Source data Start Marker

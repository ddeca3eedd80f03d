-- ===== src/PathTree/Shape/KeepDelete.antt =====
-- `DeleteRoute` keeps the shape.
use event_gateway.Common.{
  String, ◌≡◌, refl, false, none, some, List, [], ◌∷◌, ◌==◌, Option-cases, Bool-cases, inl, inr,
  eqb, sym, ◌∙◌, some-ne-none, ap,
}
use event_gateway.PathTree.Defs.{
  Node, node, get, delete, length, children, with_value, with_children, is_wildcard, to_segments,
  new_node,
}
use event_gateway.PathTree.Delete.{delete_last, delete_segments, delete_route}
use event_gateway.PathTree.Shape.{
  HasShape, IsWellFormed, AreWellFormed, get-AreWellFormed, delete-AreWellFormed,
}
use event_gateway.PathTree.Shape.Siblings.{IsAlone-delete}
use event_gateway.PathTree.Shape.Keep.{replace-WellFormed, replace-HasShape, with_value-keeps}

pub new_node-WellFormed : (V : Type 0) → IsWellFormed (new_node {V = V})
unfolding new_node IsWellFormed AreWellFormed
new_node-WellFormed V = (tt, tt, λ _. refl)

module _ {V : Type 0} where
  without-keeps :
      (k s : String) (n : Node V)
      → IsWellFormed n
      → IsWellFormed (with_children (delete s (children n)) n)
  unfolding IsWellFormed
  without-keeps k s (node l cs p st pa wi v) w = (
    delete-AreWellFormed s cs w.0,
    IsAlone-delete s cs w.1,
    λ e. ap (delete s) (w.2 e) ∙ (unfold delete in refl),
  )

  -- A node with a child under `s` is no wildcard, and the child is well-formed.
  child-WellFormed :
      (s : String) (n child : Node V)
      → get s (children n) ≡ some child
      → IsWellFormed n
      → (is_wildcard n ≡ false) × HasShape s child × IsWellFormed child
  unfolding IsWellFormed
  child-WellFormed s (node l cs p st pa wi v) child e w =
      let (shape, ok) = get-AreWellFormed s cs child e w.0 in
      (
        elim (Bool-cases wi) [
          | inl wild ↦ absurd (some-ne-none (sym (ap (get s) (w.2 wild)) ∙ e) (unfold get in refl))
          | inr plain ↦ plain
        ],
        shape,
        ok,
      )

  delete_last-WellFormed :
      (s : String) (n : Node V) → IsWellFormed n → IsWellFormed (delete_last s n).0
  unfolding delete_last
  delete_last-WellFormed s n w = elim (Option-cases (get s (children n))) [
    | inl e ↦ rw (e, delete_last) w
    | inr (child, e) ↦ elim (Bool-cases (eqb (length (children child)) 0)) [
      | inl leaf ↦ rw (e, delete_last) (rw leaf (without-keeps s s n w))
      | inr inner ↦
          let (plain, shape, ok) = child-WellFormed s n child e w in
          let (shape', ok') = with_value-keeps s none child shape ok in
          rw (e, delete_last)
            (rw inner (replace-WellFormed s n _ w plain (inl (child, e)) shape' ok'))
    ]
  ]

  delete_last-HasShape : (k s : String) (n : Node V) → HasShape k n → HasShape k (delete_last s n).0
  unfolding delete_last
  delete_last-HasShape k s (node l cs p st pa wi v) h = elim (Option-cases (get s cs)) [
    | inl e ↦ rw (e, delete_last) h
    | inr (child, e) ↦ elim (Bool-cases (eqb (length (children child)) 0)) [
      | inl leaf ↦ rw (e, delete_last) (rw leaf h)
      | inr inner ↦ rw (e, delete_last) (rw inner h)
    ]
  ]

  delete_segments-HasShape :
      (k : String) (segments : List String) (n : Node V)
      → HasShape k n
      → HasShape k (delete_segments segments n).0
  unfolding delete_segments
  delete_segments-HasShape k [] n h = h
  delete_segments-HasShape k (s ∷ []) n h = delete_last-HasShape k s n h
  delete_segments-HasShape k (s ∷ t ∷ rest) n h = elim (Option-cases (get s (children n))) [
    | inl e ↦ rw (e, delete_segments) h
    | inr (child, e) ↦ rw (e, delete_segments) (replace-HasShape k s n _ h)
  ]

  delete_segments-WellFormed :
      (segments : List String) (n : Node V)
      → IsWellFormed n
      → IsWellFormed (delete_segments segments n).0
  unfolding delete_segments
  delete_segments-WellFormed [] n w = w
  delete_segments-WellFormed (s ∷ []) n w = delete_last-WellFormed s n w
  delete_segments-WellFormed (s ∷ t ∷ rest) n w = elim (Option-cases (get s (children n))) [
    | inl e ↦ rw (e, delete_segments) w
    | inr (child, e) ↦
        let (plain, shape, ok) = child-WellFormed s n child e w in
        rw (e, delete_segments)
          (replace-WellFormed s n _ w plain (inl (child, e))
            (delete_segments-HasShape s (t ∷ rest) child shape)
            (delete_segments-WellFormed (t ∷ rest) child ok))
  ]

  with_none-WellFormed : (n : Node V) → IsWellFormed n → IsWellFormed (with_value none n)
  unfolding IsWellFormed
  with_none-WellFormed (node l cs p st pa wi v) w = w

  -- `DeleteRoute` keeps the tree well-formed, whatever it returns.
  pub delete_route-WellFormed :
      (route : String) (n : Node V) → IsWellFormed n → IsWellFormed (delete_route route n).0
  unfolding delete_route
  delete_route-WellFormed route n w = elim (Bool-cases (route == "/")) [
    | inl root ↦ rw root (with_none-WellFormed n w)
    | inr other ↦ rw other (delete_segments-WellFormed (to_segments route) n w)
  ]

Source data End Marker

§ Prompt
Every record must appear in the answer exactly as it appears above.

§ Completed task
repository ddeca3eedd80f03d
-- ===== src/PathTree/Shape/KeepDelete.antt =====
-- `DeleteRoute` keeps the shape.
use event_gateway.Common.{
  String, ◌≡◌, refl, false, none, some, List, [], ◌∷◌, ◌==◌, Option-cases, Bool-cases, inl, inr,
  eqb, sym, ◌∙◌, some-ne-none, ap,
}
use event_gateway.PathTree.Defs.{
  Node, node, get, delete, length, children, with_value, with_children, is_wildcard, to_segments,
  new_node,
}
use event_gateway.PathTree.Delete.{delete_last, delete_segments, delete_route}
use event_gateway.PathTree.Shape.{
  HasShape, IsWellFormed, AreWellFormed, get-AreWellFormed, delete-AreWellFormed,
}
use event_gateway.PathTree.Shape.Siblings.{IsAlone-delete}
use event_gateway.PathTree.Shape.Keep.{replace-WellFormed, replace-HasShape, with_value-keeps}

pub new_node-WellFormed : (V : Type 0) → IsWellFormed (new_node {V = V})
unfolding new_node IsWellFormed AreWellFormed
new_node-WellFormed V = (tt, tt, λ _. refl)

module _ {V : Type 0} where
  without-keeps :
      (k s : String) (n : Node V)
      → IsWellFormed n
      → IsWellFormed (with_children (delete s (children n)) n)
  unfolding IsWellFormed
  without-keeps k s (node l cs p st pa wi v) w = (
    delete-AreWellFormed s cs w.0,
    IsAlone-delete s cs w.1,
    λ e. ap (delete s) (w.2 e) ∙ (unfold delete in refl),
  )

  -- A node with a child under `s` is no wildcard, and the child is well-formed.
  child-WellFormed :
      (s : String) (n child : Node V)
      → get s (children n) ≡ some child
      → IsWellFormed n
      → (is_wildcard n ≡ false) × HasShape s child × IsWellFormed child
  unfolding IsWellFormed
  child-WellFormed s (node l cs p st pa wi v) child e w =
      let (shape, ok) = get-AreWellFormed s cs child e w.0 in
      (
        elim (Bool-cases wi) [
          | inl wild ↦ absurd (some-ne-none (sym (ap (get s) (w.2 wild)) ∙ e) (unfold get in refl))
          | inr plain ↦ plain
        ],
        shape,
        ok,
      )

  delete_last-WellFormed :
      (s : String) (n : Node V) → IsWellFormed n → IsWellFormed (delete_last s n).0
  unfolding delete_last
  delete_last-WellFormed s n w = elim (Option-cases (get s (children n))) [
    | inl e ↦ rw (e, delete_last) w
    | inr (child, e) ↦ elim (Bool-cases (eqb (length (children child)) 0)) [
      | inl leaf ↦ rw (e, delete_last) (rw leaf (without-keeps s s n w))
      | inr inner ↦
          let (plain, shape, ok) = child-WellFormed s n child e w in
          let (shape', ok') = with_value-keeps s none child shape ok in
          rw (e, delete_last)
            (rw inner (replace-WellFormed s n _ w plain (inl (child, e)) shape' ok'))
    ]
  ]

  delete_last-HasShape : (k s : String) (n : Node V) → HasShape k n → HasShape k (delete_last s n).0
  unfolding delete_last
  delete_last-HasShape k s (node l cs p st pa wi v) h = elim (Option-cases (get s cs)) [
    | inl e ↦ rw (e, delete_last) h
    | inr (child, e) ↦ elim (Bool-cases (eqb (length (children child)) 0)) [
      | inl leaf ↦ rw (e, delete_last) (rw leaf h)
      | inr inner ↦ rw (e, delete_last) (rw inner h)
    ]
  ]

  delete_segments-HasShape :
      (k : String) (segments : List String) (n : Node V)
      → HasShape k n
      → HasShape k (delete_segments segments n).0
  unfolding delete_segments
  delete_segments-HasShape k [] n h = h
  delete_segments-HasShape k (s ∷ []) n h = delete_last-HasShape k s n h
  delete_segments-HasShape k (s ∷ t ∷ rest) n h = elim (Option-cases (get s (children n))) [
    | inl e ↦ rw (e, delete_segments) h
    | inr (child, e) ↦ rw (e, delete_segments) (replace-HasShape k s n _ h)
  ]

  delete_segments-WellFormed :
      (segments : List String) (n : Node V)
      → IsWellFormed n
      → IsWellFormed (delete_segments segments n).0
  unfolding delete_segments
  delete_segments-WellFormed [] n w = w
  delete_segments-WellFormed (s ∷ []) n w = delete_last-WellFormed s n w
  delete_segments-WellFormed (s ∷ t ∷ rest) n w = elim (Option-cases (get s (children n))) [
    | inl e ↦ rw (e, delete_segments) w
    | inr (child, e) ↦
        let (plain, shape, ok) = child-WellFormed s n child e w in
        rw (e, delete_segments)
          (replace-WellFormed s n _ w plain (inl (child, e))
            (delete_segments-HasShape s (t ∷ rest) child shape)
            (delete_segments-WellFormed (t ∷ rest) child ok))
  ]

  with_none-WellFormed : (n : Node V) → IsWellFormed n → IsWellFormed (with_value none n)
  unfolding IsWellFormed
  with_none-WellFormed (node l cs p st pa wi v) w = w

  -- `DeleteRoute` keeps the tree well-formed, whatever it returns.
  pub delete_route-WellFormed :
      (route : String) (n : Node V) → IsWellFormed n → IsWellFormed (delete_route route n).0
  unfolding delete_route
  delete_route-WellFormed route n w = elim (Bool-cases (route == "/")) [
    | inl root ↦ rw root (with_none-WellFormed n w)
    | inr other ↦ rw other (delete_segments-WellFormed (to_segments route) n w)
  ]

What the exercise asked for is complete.